Sunday, July 15, 2007
Immunoassays (the ELISA method)
Rather than measuring the rDNA in a sample, immunoassays measure the levels of proteins expressed by DNA sequences inserted by genetic modification. The test works by using anti-bodies specific for proteins encoded by rDNA sequences. One example of a commonly used immunoassay is the Enzyme-Linked Immunosorbent Assay (or the ELISA).
The ELISA relies on a reaction between antibodies (soluble proteins that are produced by the immune system in response to a foreign substance) and a "foreign substance" (typically the inserted protein), called the "antigen". The reaction is detected by a colour change or a flourometric reaction that can be measured quantitatively.
Immunoassays are less sensitive than PCR methods, which means they are less susceptible to false positives caused by minor levels of contamination. However, careful validation of each food type is needed before the test can be performed because of the large diversity of foods. This means that new assays need to be continually developed as new products of biotechnology are developed. Many hundreds of different assays will eventually be required to enable accurate detection methods.
One of the key advantages of this method of analysis is that the results are generally available within minutes. The costs of immunoassays are also much lower than that for PCR techniques (about US$2-10 per sample) however the costs for the assay development and the generation of antibodies and protein standards mean that the up-front costs can be significant.
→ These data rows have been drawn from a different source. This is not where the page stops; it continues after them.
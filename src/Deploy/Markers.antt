-- ===== src/Deploy/Markers.antt =====
-- internal/services/deploy_command.go: the lines in which a deploy reports the ports that it used. The
-- regular expressions are written out as matchers of one line.
pub mod Printed
mod Examples
use asdl_hub.Prelude.{
  ℕ, zero, suc, ◌+◌, ◌-◌, ◌*◌, ◌/◌, ◌%◌, ◌≤◌, ◌<◌, min, max, String, ◌≡◌, refl, sym, ap, ◌∙◌, subst,
  fun_ext, ◌≢◌, ◌↔◌, ◌⊎◌, inl, inr, Bool, true, false, ◌&&◌, ◌||◌, not, Option, none, some, List,
  [], ◌∷◌, ◌++◌, map, append_assoc, append-nil, arith, ltb, leb, ◌==◌, if◌then◌else◌, ltb→lt,
  lt→ltb, leb→le, le→leb, ==_iff, tests, Bool-cases, Option-cases, is_some, length, take, drop,
  get_elem?, select, first, update, any, head, All, In, length-append, length-drop, length-take,
  All_of_In, first-In, first_passes, select-In, In-select, str_eq, str_eq_iff, stable_sort,
  IsSorted, insert_sorted, stable_sort-perm, In-of_stable_sort, In-stable_sort, length-stable_sort,
  stable_sort-IsSorted, In-of_update, In-update, DistinctKeys, row_unique, save_each,
  save_each-select, length-select-update, length-select-update_le,
}
use Prim.Native.Char.{code}
use Prim.Native.Nat.{◌^◌}
use asdl_hub.Models.{Text}

-- The code points of a literal.
abbrev pub codes : String → Text
codes String.[] = []
codes (String.◌∷◌ c s) = code c ∷ codes s

abbrev pub is_digit : ℕ → Bool
is_digit c = leb 48 c && leb c 57

-- [a-z0-9-]
abbrev is_plugin_char : ℕ → Bool
is_plugin_char c = (leb 97 c && leb c 122) || is_digit c || c == 45

-- \s
abbrev is_blank : ℕ → Bool
is_blank c = c == 9 || c == 10 || c == 12 || c == 13 || c == 32

unfoldable pub all_blank : Text → Bool
all_blank [] = true
all_blank (c ∷ s) = is_blank c && all_blank s

unfoldable pub strip_prefix : Text → Text → Option Text
strip_prefix [] s = some s
strip_prefix (p ∷ ps) [] = none
strip_prefix (p ∷ ps) (c ∷ s) = let rest = strip_prefix ps s in if p == c then rest else none

-- The longest front of a text whose characters pass, and what follows it.
unfoldable pub span : (ℕ → Bool) → Text → Text × Text
span p [] = ([], [])
span p (c ∷ s) = let (front, rest) = span p s in if p c then (c ∷ front, rest) else ([], c ∷ s)

push_char : ℕ → List Text → List Text
push_char c [] = (c ∷ []) ∷ []
push_char c (l ∷ ls) = (c ∷ l) ∷ ls

unfoldable pub lines : Text → List Text
unfolding push_char
lines [] = [] ∷ []
lines (c ∷ s) = let rest = lines s in if c == 10 then [] ∷ rest else push_char c rest

nonempty : Text → Text → Option (Text × Text)
nonempty [] rest = none
nonempty (c ∷ front) rest = some (c ∷ front, rest)

-- X+ where X is a class of characters: nothing if there is none.
unfoldable pub some_of : (ℕ → Bool) → Text → Option (Text × Text)
unfolding nonempty
some_of p s = let (front, rest) = span p s in nonempty front rest

infixl 5 ◌>>=◌
abbrev pub ◌>>=◌ : {A B : Type 0} → Option A → (A → Option B) → Option B
none >>= f = none
some a >>= f = f a

abbrev pub port_marker : Text
port_marker = codes "ASDL_PORT_MAPPING="

abbrev pub plugin_port_marker : Text
plugin_port_marker = codes "ASDL_PLUGIN_PORT="

abbrev pub colon : ℕ
colon = 58

-- (?m)^ASDL_PORT_MAPPING=(\d+:\d+)\s*$
unfoldable pub port_line : Text → Option Text
port_line l = do
  after ← strip_prefix port_marker l
  host ← some_of is_digit after
  port ← strip_prefix (colon ∷ []) host.1
  container ← some_of is_digit port
  if all_blank container.1 then some (host.0 ++ (colon ∷ container.0)) else none

-- m[len(m)-1]
unfoldable pub last_some {ℓ} : {B : Type ℓ} → (Text → Option B) → List Text → Option B
last_some f [] = none
last_some f (l ∷ ls) = elim (last_some f ls) [ none ↦ f l | some b ↦ some b ]

unfoldable pub parse_port_marker : Text → Option Text
parse_port_marker logs = last_some port_line (lines logs)

-- What fmt.Sscan reads into an int: decimal, or octal after a leading 0, and 0 on overflow.
unfoldable pub read_base : ℕ → ℕ → Text → ℕ
read_base base n [] = n
read_base base n (c ∷ s) =
    let more = read_base base (base * n + (c - 48)) s in if leb (48 + base) c then n else more

unfoldable pub sscan_int : Text → ℕ
sscan_int [] = 0
sscan_int (c ∷ s) =
    let n = if c == 48 then read_base 8 0 s else read_base 10 0 (c ∷ s) in
    if leb (2 ^ 63) n then 0 else n

-- (?m)^ASDL_PLUGIN_PORT=([a-z0-9-]+):(\d+)\s*$
unfoldable pub plugin_port_line : Text → Option (Text × ℕ)
plugin_port_line l = do
  after ← strip_prefix plugin_port_marker l
  plugin ← some_of is_plugin_char after
  port ← strip_prefix (colon ∷ []) plugin.1
  number ← some_of is_digit port
  if all_blank number.1 then some (plugin.0, sscan_int number.0) else none

unfoldable pub matches {ℓ} : {B : Type ℓ} → (Text → Option B) → List Text → List B
matches f [] = []
matches f (l ∷ ls) = elim (f l) [ none ↦ matches f ls | some b ↦ b ∷ matches f ls ]

-- The map of the source as its entries in the order of the logs; a later one replaces an earlier one.
unfoldable pub parse_plugin_ports : Text → List (Text × ℕ)
parse_plugin_ports logs = matches plugin_port_line (lines logs)
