-- ===== src/Auth/LoginLimiter.antt =====
-- internal/api/middleware/loginlimit.go: the limit on failed logins. Instants are nanoseconds
-- since the zero time, and a text that is walked is the list of its code points. The letters'
-- case table of Go's `unicode` package is the parameter `to_lower`.
pub mod Window
pub mod History
pub mod Limits
mod Examples
use asdl_hub.Prelude.{
  ℕ, zero, suc, ◌+◌, ◌-◌, ◌*◌, ◌≡◌, ◌↔◌, Bool, true, false, ◌&&◌, ◌||◌, Option, none, some, List,
  [], ◌∷◌, ◌++◌, map, arith, ltb, leb, ◌==◌, if◌then◌else◌, length, get_elem?, ==_iff, ap,
}
use mathlib.Core.List.{reverse}
use asdl_hub.Prelude.GoMap.{GoMap, KeyEq, find, put, remove}

abbrev pub minute : ℕ
minute = 60000000000

abbrev pub login_window : ℕ
login_window = 15 * minute

abbrev pub login_failures_per_ip : ℕ
login_failures_per_ip = 8

abbrev pub login_failures_per_user : ℕ
login_failures_per_user = 20

abbrev pub limiter_max_keys : ℕ
limiter_max_keys = 10000

-- The keys "ip:…" and "user:…" of the source; the prefix is the constructor.
pub data Key : Type 0 where
  ip user : List ℕ → Key

abbrev pub text_eq : List ℕ → List ℕ → Bool
text_eq [] [] = true
text_eq [] (d ∷ t) = false
text_eq (c ∷ s) [] = false
text_eq (c ∷ s) (d ∷ t) = c == d && text_eq s t

pub text_eq_iff : (s t : List ℕ) → (text_eq s t ≡ true) ↔ (s ≡ t)
text_eq_iff [] [] = ground arith
text_eq_iff [] (d ∷ t) = ground arith
text_eq_iff (c ∷ s) [] = ground arith
text_eq_iff (c ∷ s) (d ∷ t) = ground (arith, text_eq_iff s t)

abbrev pub key_same : Key → Key → Bool
key_same (ip s) (ip t) = text_eq s t
key_same (ip s) (user t) = false
key_same (user s) (ip t) = false
key_same (user s) (user t) = text_eq s t

pub key_same_iff : (a b : Key) → (key_same a b ≡ true) ↔ (a ≡ b)
key_same_iff (ip s) (ip t) = ground (arith, text_eq_iff s t)
key_same_iff (ip s) (user t) = ground arith
key_same_iff (user s) (ip t) = ground arith
key_same_iff (user s) (user t) = ground (arith, text_eq_iff s t)

instance abbrev pub key_eq : KeyEq Key
key_eq = record { same = key_same; same_iff = key_same_iff }

-- White space as unicode.IsSpace has it, which strings.TrimSpace cuts off both ends.
abbrev is_space : ℕ → Bool
is_space c =
    (leb 9 c && leb c 13)
    || c == 32
    || c == 0x85
    || c == 0xa0
    || c == 0x1680
    || (leb 0x2000 c && leb c 0x200a)
    || c == 0x2028
    || c == 0x2029
    || c == 0x202f
    || c == 0x205f
    || c == 0x3000

trim_left : List ℕ → List ℕ
trim_left [] = []
trim_left (c ∷ s) = let rest = trim_left s in if is_space c then rest else c ∷ s

unfoldable pub trim_space : List ℕ → List ℕ
unfolding trim_left
trim_space s = reverse (trim_left (reverse (trim_left s)))

pub record Limiter : Type 0 where
  pub failures : GoMap Key (List ℕ)

unfoldable pub new_limiter : Limiter
new_limiter = record { failures = [] }

-- A missing key reads as the empty slice.
unfoldable pub times_of : Key → Limiter → List ℕ
times_of k l = elim (find k l.failures) [ none ↦ [] | some ts ↦ ts ]

-- The loop of `recent`: the times that are not after the cutoff are cut off the front.
unfoldable pub cut_expired : ℕ → List ℕ → List ℕ
cut_expired now [] = []
cut_expired now (t ∷ ts) =
    let rest = cut_expired now ts in if leb (t + login_window) now then rest else t ∷ ts

-- `if i > 0`: what is left is stored, or the key is deleted when nothing is left.
unfoldable pub store_recent : Key → ℕ → List ℕ → List ℕ → Limiter → Limiter
store_recent k cut times [] l = if ltb 0 cut then record { failures = remove k l.failures } else l
store_recent k cut times (t ∷ ts) l =
    if ltb 0 cut then record { failures = put k (t ∷ ts) l.failures } else l

unfoldable pub recent : Key → ℕ → Limiter → List ℕ × Limiter
recent k now l =
    let times = times_of k l in
    let kept = cut_expired now times in
    (kept, store_recent k (length times - length kept) times kept l)

-- One round of the loop of `Blocked`: `times[len(times)-c.max].Add(loginWindow).Sub(l.now())`,
-- when there are that many, if it is longer than `wait`.
unfoldable pub longer_wait : ℕ → List ℕ → ℕ → ℕ → ℕ
longer_wait cap times now wait =
    if leb cap (length times)
    then elim (get_elem? times (length times - cap)) [
      | none ↦ wait
      | some t ↦ let w = t + login_window - now in if ltb wait w then w else wait
    ]
    else wait

-- `for k := range l.failures { l.recent(k) }`.
unfoldable pub prune : List (Key × List ℕ) → ℕ → Limiter → Limiter
prune [] now l = l
prune ((k, ts) ∷ rest) now l = prune rest now (recent k now l).1

unfoldable pub add_failure : Key → ℕ → Limiter → Limiter
add_failure k now l =
    let (times, l') = recent k now l in record { failures = put k (times ++ now ∷ []) l'.failures }

module _ (to_lower : ℕ → ℕ) where
  unfoldable pub user_key : List ℕ → Key
  user_key name = user (map to_lower (trim_space name))

  unfoldable pub blocked : List ℕ → List ℕ → ℕ → Limiter → (Bool × ℕ) × Limiter
  blocked addr name now l =
      let (by_ip, l₁) = recent (ip addr) now l in
      let wait₁ = longer_wait login_failures_per_ip by_ip now 0 in
      let (by_user, l₂) = recent (user_key name) now l₁ in
      let wait₂ = longer_wait login_failures_per_user by_user now wait₁ in
      ((ltb 0 wait₂, wait₂), l₂)

  unfoldable pub failed : List ℕ → List ℕ → ℕ → Limiter → Limiter
  failed addr name now l =
      let pruned = if ltb limiter_max_keys (length l.failures) then prune l.failures now l else l in
      add_failure (user_key name) now (add_failure (ip addr) now pruned)

  unfoldable pub succeeded : List ℕ → Limiter → Limiter
  succeeded name l = record { failures = remove (user_key name) l.failures }
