-- ===== src/Database/Cleanup/Access.antt =====
-- A session's own cleanup schedule, and its credentials.
use kiosk_project.Base.{
  ◌≡◌, refl, String, str_eq, eq_iff, false, ◌&&◌, List, [], ◌∷◌, arith, All, includes,
}
use kiosk_project.Base.Int.{ℤ}
use kiosk_project.Database.Tables.{update_many, All-update_many}
use kiosk_project.Database.Cleanup.{
  CleanupSession, mark_session, SessionCleanupStatus-discrete, Credential, CredentialStatus,
  CredentialStatus-discrete, CredentialStore, revoke_those, revoke_session_access, active, claimed,
  revoked,
}

-- A session whose cleanup is scheduled twice keeps the first schedule.
mark_session-twice :
    (session_id : String) (now due later further : ℤ) (sessions : List CleanupSession)
    → mark_session session_id later further (mark_session session_id now due sessions)
      ≡ mark_session session_id now due sessions
unfolding mark_session update_many SessionCleanupStatus-discrete
mark_session-twice session_id now due later further [] = refl
mark_session-twice session_id now due later further (s ∷ sessions) =
    ground (arith, mark_session-twice session_id now due later further sessions)

module _ (session_id : String) (now : ℤ) where
  revoke_those-All :
      (l : List CredentialStatus) (cs : List Credential)
      → includes CredentialStatus-discrete l revoked ≡ false
      → All
          (λ c. c.session_id ≡ session_id → includes CredentialStatus-discrete l c.status ≡ false)
          (revoke_those l session_id now cs)
  unfolding revoke_those
  revoke_those-All l cs h =
      All-update_many
        (λ c. c.session_id ≡ session_id → includes CredentialStatus-discrete l c.status ≡ false)
        (λ c. str_eq c.session_id session_id && includes CredentialStatus-discrete l c.status) _ cs
        (λ c e k. h) (λ c e k. ground (arith, eq_iff c.session_id session_id, e))

-- After a revocation no grant of the session is active or claimed, and no mobile client of it is
-- active.
pub revoke_session_access-All :
    (store : CredentialStore) (session_id : String) (now : ℤ)
    → let after = revoke_session_access store session_id now in
      All
        (λ c.
          c.session_id ≡ session_id
          → includes CredentialStatus-discrete (active ∷ claimed ∷ []) c.status ≡ false)
        after.grants
      × All
          (λ c.
            c.session_id ≡ session_id
            → includes CredentialStatus-discrete (active ∷ []) c.status ≡ false)
          after.clients
unfolding revoke_session_access CredentialStatus-discrete
revoke_session_access-All store session_id now = (
  revoke_those-All session_id now (active ∷ claimed ∷ []) store.grants refl,
  revoke_those-All session_id now (active ∷ []) store.clients refl,
)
One problem with immunoassays is that the technique does not distinguish between different sources of biotechnology-derived rDNA that may express similar protein characteristics. For example, the technique won't detect if a specific protein, such as the Bt protein, is derived from corn or soy. In addition, proteins are denatured by many food processing methods so this technique is more useful for raw foods or food ingredients that have undergone minimal processing.
Sampling methods
The choice of technique largely depends on the type of product being analysed and the availability of equipment and funds for the analysis. Both techniques also share some common problems such as a lack of internationally recognised sampling methods or agreement on the number or size of samples required.
Enzyme immunoassay
Source obtained from: http://en.wikipedia.org/wiki/Enzyme_immunoassay
The Enzyme-Linked ImmunoSorbent Assay, or ELISA, is a biochemical technique used mainly in immunology to detect the presence of an antibody or an antigen in a sample. The ELISA has been used as a diagnostic tool in medicine and plant pathology, as well as a quality control check in various industries.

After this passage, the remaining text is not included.